Гостеприимные сибирские крестьяне угощали красноармейцев шаньгами, молоком, свеженьким мясом.
Между Красной Армией и крестьянами установилась довольно плотная «смычка». Крестьяне слушали рассказы красноармейцев о своей походной жизни, о боевых эпизодах, о геройских подвигах того или иного товарища. Всматриваясь в загорелые лица и мускулистые руки красноармейцев, они узнавали в них таких же тружеников-крестьян, являющихся плотью от плоти многомиллионного своего класса.
Городских, фабричных было сравнительно мало.
Беседовали крестьяне и с коммунистами, но не находили разницы между ними и остальными красноармейцами-некоммунистами. Сибирские труженики-середняки убеждались, что Красная Армия — их армия, защитница их интересов, и что коммунисты — «хорошие, ласковые, умные люди». Они не только не делают насилий над, женщинами, не только не занимаются разбоем и грабежом, как говорили сибирякам белые, а всячески оберегают целость имущества крестьян, щадят нравы, семейный быт и их обычаи.
- Одним словом, уважительный народ эти коммунисты, — отзывались крестьяне.
[ Читать далее]Убедившись в злостных наветах колчаковцев на Советскую власть, на Красную Армию, на коммунистов и комиссаров, крестьяне раскаивались в своей огромной ошибке. Это они поддержали вначале Учредиловку, а потом Колчака. Это они дали ему силу и победный марш до Свияжска и Глазова в борьбе с революцией.
- Уж больно много страшного наговорили нам о коммуне, а мы, по темноте своей, и поверили,— каялись крестьяне. И, как бы стараясь загладить свою вину в глазах красноармейцев, обильно поливали маслом блины, приготовленные для усталых бойцов...
- Ну, бабуся, и вкусные же ты стряпаешь ватрушки. Ты так угощаешь нас, как не сумела бы угостить, пожалуй, и родная мать.
- Уж, больно мы ждали вас. Ведь проклятущий Колчак забрал мово сына и увез с собой.

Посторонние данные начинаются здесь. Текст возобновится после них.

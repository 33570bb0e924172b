-- ===== src/History/Rows/Clean.antt =====
-- A row with a payload: what the checker says of it, when the branch of its kind finds nothing wrong.
use construct_protos.Prelude.{
  ℕ, ◌≡◌, ◌∙◌, refl, sym, ap, List, [], ◌∷◌, Bool, true, false, not, Option, none, some, length,
  ==_refl, append_nil_right,
}
use construct_protos.Prelude.Result.{ok, err, Raises}
use construct_protos.Prelude.Checks.{check}
use construct_protos.Bytes.{Bytes, codes}
use construct_protos.Bytes.Made.{AreBytes}
use construct_protos.Bytes.Hex.{hex, fromhex, fromhex-hex}
use construct_protos.History.Keys.{Hmac}
use construct_protos.History.Rows.{Row, Outcome, contains, contains_ctm1}
use construct_protos.History.Rows.Kinds.{check_row, check_kind, check_front}

abbrev unmarked : Raises Bytes → Bool
unmarked (err e) = false
unmarked (ok d) = not (contains (codes "CTM1") d)

-- No payload, or one that has no CTM1 in it.
unfoldable pub is_clean : Option (List ℕ) → Bool
is_clean none = true
is_clean (some text) = unmarked (fromhex text)

-- What the checker still says of a row whose branch finds nothing wrong.
abbrev pub mark_of : Row → Outcome
mark_of row = some (ok (check (is_clean row.hex) contains_ctm1))

front_lem :
    (row : Row) (d : Bytes)
    → AreBytes d
    → row.byte_len ≡ some (length d)
    → check_front row (some (hex d)) (some (ok []))
      ≡ some (ok (check (is_clean (some (hex d))) contains_ctm1))
unfolding is_clean hex
front_lem row [] h e = unfold fromhex contains in refl
front_lem row (b ∷ bs) h e =
    rw (fromhex-hex (b ∷ bs) h.all, e, ==_refl (length (b ∷ bs)))
      (ap (λ t. some (ok t)) (append_nil_right _ ∙ append_nil_right _))

pub row_checked :
    (hmac : Hmac) (v23 : Raises (List ℕ)) (has : ℕ → Bool) (row : Row) (d : Bytes)
    → AreBytes d
    → row.hex ≡ some (hex d)
    → row.byte_len ≡ some (length d)
    → check_kind hmac v23 has row row.kind ≡ some (ok [])
    → check_row hmac v23 has row ≡ mark_of row
unfolding check_row
row_checked hmac v23 has row d h at long good =
    ap (λ t. check_front row t (check_kind hmac v23 has row row.kind)) at
    ∙ ap (check_front row (some (hex d))) good
    ∙ front_lem row d h long
    ∙ ap (λ t. some (ok (check (is_clean t) contains_ctm1))) (sym at)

Спрятался было он, а они его нашли, избили плетьми и насильно увели... И я получила плеть, отец вот — тоже... — Старушка отвернулась и смахнула грязным фартуком слезу. — Ешьте, ешьте, сударики мои, отдыхайте, поправляйтесь, да и идите, воюйте. Сынка-то мово выручайте.
…
А между нашими сторожевыми постами и противника нет-нет да и завяжется перепалка. Свинцовый горох сыплется с правого берега на левый, с левого — на правый.
- Перестань стрелять! — кричат через реку наши.
- А зачем вы стреляете? — отвечают колчаковцы.
Стрельба прекращается и завязываются «дипломатические переговоры». Одни других уговаривают, ругают, грозят, агитируют. Сыплются каламбуры, «круглые словечки» и часто вспоминают «мать». Больше всего достается от белых комиссарам, а от наших — золотопогонникам.
Изредка ведут перебранку между собой орудия. Пробуют, нащупывают, стращают друг друга.
Состязаются и наши броневики: «Красный Сибиряк», «Мститель» с броневиками противника, которые часто осыпают снарядами г. Курган. Одним из таких снарядов противника была убита целая семья: снаряд попал в окно и разорвался.
Наши долго терпели безобразия белых артиллеристов и, наконец, решили расправиться, отомстить за многие жертвы из среды мирных жителей. Были нащупаны наблюдательные и боевые пункты противника, обстреляны зажигательными снарядами и сожжены. Тогда противник успокоился…
Поздней ночью или ранним утром наши делали иногда вылазки на берег противника. Группа охотников, вооруженных винтовками, гранатами, переходила вброд Тобол и старалась поймать «языка» (взять в плен противника и доставить его в штаб полка на допрос).
Частенько это удавалось. В плен брали или дремавшего часового, или заснувшего из секрета…
Противник тоже пробовал групповые вылазки, но ему это не удавалось. «Языка» он доставал при помощи местных жителей. Но такие «лазутчики» часто приходили к нам и рассказывали, с какой целью они посланы. Оказывалось, что их посылали за сведениями под страхом смерти их и их семьи.